Kebenaran, anakku –kata Syekh Yusuf- sebagaimana yang ditunjukkan oleh fitrah manusia yang sehat, adalah sesuatu yang memiliki sifat tetap dan akan terus bertahan, itulah yang disebut kebenaran. Sedangkan yang bersifat musnah dan fana, itulah kebatilan. Kalau kita amati segala wujud dan perwujudan yang ada ini, niscaya kita tidak pernah menemukan sesuatu yang bersifat tetap dan abadi berdasar dzatiah dirinya selain Allah SWT. Segala sesuatu yang selain Dia dan berbeda denganNya, dan segala dzatiah tidak memiliki wujud dan tidak pula bersifat abadi.

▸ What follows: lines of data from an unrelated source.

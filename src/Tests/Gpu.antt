-- ===== src/Tests/Gpu.antt =====
-- The theorems on crates/pb-gpu at concrete states and histories.
use dev_browse.Prelude.{ℕ, ◌≡◌, refl, none, List, [], ◌∷◌, arith, err, ℕ_discrete, contains}
use dev_browse.Prelude.Map.{lookup, insert}
use dev_browse.Config
use dev_browse.Gpu.Coordinator.{
  ScopeToken, GpuCoordinator, stale_token, validate, issue_scope_token, recover_after_loss,
}
use dev_browse.Gpu.Coordinator
use dev_browse.Gpu.Recovery.{recover_after_loss-refuses}
use dev_browse.Gpu.Coordinator.Epochs.{loses, recovers, validate-issue_scope_token, recovery_count}
use dev_browse.Gpu.Coordinator.Epochs
use dev_browse.Gpu.Queue.{QueueScheduler, submit, dequeue}
use dev_browse.Gpu.Queue
use dev_browse.Gpu.Queue.Rotation.{Rotates, buffers, new-Rotates}
use dev_browse.Gpu.Queue.Fairness.{Takes, dequeue-Takes}
use dev_browse.Gpu.Queue.Starvation.{
  Event, submits, dequeues, Serves, run-Rotates, run-Serves, dequeue_count,
}
use dev_browse.Gpu.Queue.Starvation
use dev_browse.Gpu.Budget.{
  MemoryBudget, BudgetProfile, try_allocate, touch, release, unknown_allocation,
}
use dev_browse.Gpu.Budget
use dev_browse.Gpu.Budget.Isolation.{Inv, bucket_at}
use dev_browse.Gpu.Budget.Guarantees.{
  AllocationOutcome, try_allocate-AllocationOutcome, calls-local, foreign_allocation,
}
use dev_browse.Gpu.Budget.Runs.{allocates, run-new-Inv, from_config-bounds}
use dev_browse.Gpu.Budget.Runs

abbrev first : ScopeToken
first = record { profile_id = 7; mode = Config.standard; epoch = 1 }

abbrev second : ScopeToken
second = record { profile_id = 8; mode = Config.strict; epoch = 1 }

-- Identity 7 has two buffers, identity 8 waits behind it with one.
abbrev submissions : List Event
submissions = submits first ∷ submits first ∷ submits second ∷ []

abbrev waiting : QueueScheduler
waiting = Starvation.run (Queue.new 1) submissions

waiting-Rotates : Rotates waiting
waiting-Rotates = run-Rotates (Queue.new 1) submissions (new-Rotates 1)

-- More submissions of identity 7 do not keep identity 8 from the second dequeue.
run-Serves_example :
    Serves 8 3 (dequeue (Starvation.run waiting (submits first ∷ dequeues ∷ submits first ∷ []))).1
unfolding Starvation.run Starvation.step submit Queue.new lookup insert ℕ_discrete buffers
    dequeue_count
run-Serves_example =
    run-Serves (submits first ∷ dequeues ∷ submits first ∷ []) waiting 1 8 3 waiting-Rotates
      ((λ e. omega arith, refl), refl) refl

dequeue-Takes_example : Takes (buffers waiting) (dequeue waiting).1 (buffers (dequeue waiting).0)
dequeue-Takes_example = dequeue-Takes waiting waiting-Rotates

abbrev hundred : BudgetProfile
hundred = record { cap_bytes = 100 }

abbrev allocations : List Runs.Call
allocations = allocates first 60 ∷ allocates second 50 ∷ []

abbrev held : MemoryBudget
held = Runs.run (Budget.new hundred 1) allocations

run-new-Inv_example : Inv held
run-new-Inv_example = run-new-Inv hundred 1 allocations (omega arith) (omega arith)

held-Inv : Inv held
held-Inv = run-new-Inv hundred 1 allocations (omega arith) (omega arith)

-- A request that fits the cap and not what is left evicts the identity's own allocation.
try_allocate-AllocationOutcome_example :
    AllocationOutcome held first held-Inv 70
      (try_allocate held first 70).0
      (try_allocate held first 70).1
unfolding Runs.run Runs.step try_allocate Budget.new lookup insert ℕ_discrete
try_allocate-AllocationOutcome_example =
    try_allocate-AllocationOutcome held first held-Inv 70 (omega arith)

try_allocate-evicts : (bucket_at (try_allocate held first 70).0 7).lru ≡ 3 ∷ []
unfolding try_allocate lookup Runs.run Runs.step Budget.new insert ℕ_discrete
try_allocate-evicts = refl

calls-local_example :
    ((size : ℕ) → bucket_at (try_allocate held first size).0 8 ≡ bucket_at held 8)
    × ((id : ℕ) → bucket_at (touch held first id).0 8 ≡ bucket_at held 8)
    × ((id : ℕ) → bucket_at (release held first id).0 8 ≡ bucket_at held 8)
calls-local_example = calls-local held first held-Inv 8 (λ e. omega arith)

foreign_allocation_example :
    (touch held first 2 ≡ (held, err unknown_allocation))
    × (release held first 2 ≡ (held, err unknown_allocation))
unfolding contains lookup Runs.run Runs.step try_allocate Budget.new insert ℕ_discrete
foreign_allocation_example = foreign_allocation held first held-Inv 8 2 refl (λ e. omega arith) refl

-- A token outlives a loss, and not the recovery.
validate-issue_scope_token_example :
    validate (Epochs.run Coordinator.new (loses ∷ recovers ∷ [])) first ≡ err stale_token
unfolding recovery_count Coordinator.new issue_scope_token
validate-issue_scope_token_example =
    validate-issue_scope_token Coordinator.new 7 Config.standard first (loses ∷ recovers ∷ [])
      (omega arith) refl (omega arith)

recover_after_loss-refuses_example :
    let e = (recover_after_loss Coordinator.new).epoch in
    let q = Queue.on_recovery waiting e in
    let b = Budget.on_recovery held e in
    (submit q first ≡ (q, err Queue.stale_token))
    × (try_allocate b first 10 ≡ (b, err Budget.stale_token))
    × (touch b first 1 ≡ (b, err Budget.stale_token))
    × (release b first 1 ≡ (b, err Budget.stale_token))
    × ((dequeue q).1 ≡ none)
unfolding Coordinator.new issue_scope_token Runs.run Runs.step try_allocate Budget.new lookup insert
    ℕ_discrete
recover_after_loss-refuses_example =
    recover_after_loss-refuses Coordinator.new waiting held 7 Config.standard first 10 1
      (omega arith) refl (omega arith) (omega arith)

Kebenaran yang asli yang telah dibuktikan oelh fitrah dan akal manusia yang sehat dan yang telah disaksikan pula oleh setiap lembar –dan bahkan setiap huruf dari lembaran kitab perwujudan ini adalah bahwa : Hanya Allah itulah kebenaran, sedang yang lainnya adalah kebatilan. Pengertian inilah yang dinyatakan oleh Kitabullah, tidak hanya satu ayat dan satu surah saja.
“Maka (Dzat yang demikian) itulah Allah. Tuhanmu yang haq. Maka tidak ada sesudah yang haq itu kecuali dhalal (kesesatan). Maka bagaimana kamu dipalingkan (dari yang haq itu)?” (QS Yunus 32
“Yang demikian itu, karena sesungguhnya Allah, Dia lah yang menghidupkan segala yang mati, dan bahwasanya Allah Maha Kuasa atas segala sesuatu.” (QS al Hajj 6)
“Yang demikian itu, karena sesungguhnya Allah, Dia lah Yang Haq, dan sesungguhnya apa saja yang mereka seru selain Allah, itulah yang batil. Dan sesungguhnya Allah, Dial ah Yang Maha Tinggi lagi Maha Besar.” (QS al Hajj 62)
Bertolak dari sini, Rasulullah saw bersabda,”Sungguh benar apa yang dikatakan oleh Labid, si penyair : Ketahuilah bahwasanya apa yang selain Allah adalah batil.”
Barang siapa yang saat ini tidak mengetahui kebenaran ini, niscaya esok atau lusa, dia akan mengetahuinya juga. Yakni di saat semua tabir yang menutupi matanya disingkapkan, sehingga ia bisa melihat segala kebenaran dalam bentuknya yang terbuka, tanpa hiasan-hiasan yang menyesatkan, yaitu :
“Di hari, dimana Allah akan memberikan mereka balasan yang setimpal dengan yang semestinya, dan tahulah mereka bahwa Allah itulah yang haq lagi yang menjelaskan (segala sesuatu menurut kaidah yang sebenarnya). “ (QS an Nur 25)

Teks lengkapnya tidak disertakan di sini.